# 40 gal tank brace? help



## deup (Sep 9, 2013)

k so i have a 40 gal tank with no brace on it.
i have had this tank for a good 8 -9 months with water in it and just relized a few days ago the front bows due to water pressure. the person who had it before me also had water in it is there a way i can support that wall?


----------



## Tattooedfool83 (Jul 7, 2013)

40s don't have braces that I know of.


----------



## modster (Jun 16, 2007)

Is this a 40g breeder?
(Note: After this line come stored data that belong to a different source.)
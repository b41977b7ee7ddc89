-- ===== src/Service/Libraries.antt =====
-- What a service call relies on and does not implement: the clock, the connection and the secure
-- channel of the OPC UA stack.
use ua_rate_throttling.Common.{ℕ, Bool, Bytes}
use ua_rate_throttling.Queue.Libraries.{Host}
use ua_rate_throttling.Chunk.{Channel}
use ua_rate_throttling.Chunk.Libraries.{Stack}
use ua_rate_throttling.Message.{Encoding}

-- `UA_ClientState`
pub data ClientState : Type 0 where
  ready : ClientState
  connected : ClientState
  faulted : ClientState
  errored : ClientState

-- The part of `UA_Client` that a service call reads and writes, with the timeout of its config in
-- milliseconds. A `UA_NodeId` is left to the stack.
pub record UaClient (NodeId : Type 0) : Type 0 where
  pub state : ClientState
  pub timeout : ℕ
  pub endpoint_url : Bytes
  pub channel : Channel
  pub authentication_token : NodeId
  pub request_id : ℕ
  pub request_handle : ℕ

-- The part of `UA_RequestHeader` that a service call writes.
pub record RequestHeader (NodeId : Type 0) : Type 0 where
  pub authentication_token : NodeId
  pub timestamp : ℕ
  pub request_handle : ℕ

-- A response: the service result of its header, and the rest of it.
pub record Response (Body : Type 0) : Type 0 where
  pub service_result : ℕ
  pub body : Body

pub record Network (host : Host) (stack : Stack host) : Type 1 where
  pub NodeId : Type 0
  pub null_node_id : NodeId
  -- A request behind its header.
  pub Request : Type 0
  pub encode_binary : RequestHeader NodeId → Request → Encoding
  pub Body : Type 0
  -- What `UA_init` leaves in a response behind its header.
  pub init_body : Body
  -- `UA_Client_manuallyRenewSecureChannel`
  pub renew_secure_channel : UaClient NodeId → host.World → ℕ × (UaClient NodeId × host.World)
  -- `UA_DateTime_now` and `UA_DateTime_nowMonotonic`, in units of 100 ns.
  pub date_time_now : host.World → ℕ
  pub now_monotonic : host.World → ℕ
  -- `UA_Connection_receiveChunksBlocking`: its status, the reply, and whether that is a buffer of
  -- its own.
  pub receive_chunks : UaClient NodeId → ℕ → host.World → ℕ × ((Bytes × Bool) × host.World)
  -- `UA_SecureChannel_processChunks` with `processServiceResponse`, which expects a request id: it
  -- may fill the response, and set `processed`.
  pub process_replies :
      UaClient NodeId
      → ℕ
      → Bytes
      → Response Body × host.World
      → Bool × ((Response Body × UaClient NodeId) × host.World)
  -- `releaseRecvBuffer` of the connection, and `UA_ByteString_deleteMembers`.
  pub release_recv_buffer : UaClient NodeId → Bytes → host.World → host.World
  pub delete_reply : Bytes → host.World → host.World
If so, it's normal for it to have a slight bow.


----------



## deup (Sep 9, 2013)

hi. mmm its a 36x12x18 
i have 2 of these tanks one has a glass brace and one doesn't. i am making a canopy stand vfor it . will it effect the front side of the canopy is it bows?


----------



## JG06 (Nov 5, 2006)

Glass is usually pretty resilient and I would imagine that the company who made the aquarium would have installed a brace if they calculated that it needed one. 

With that said, if you're concerned about it, you can always silicone a lateral brace across the top. There's nothing that says you can't do it if you feel you need to.


----------



## Se7eN (Sep 23, 2010)

Or build a canopy that will act as a brace

sent from my Android with tapatalk


----------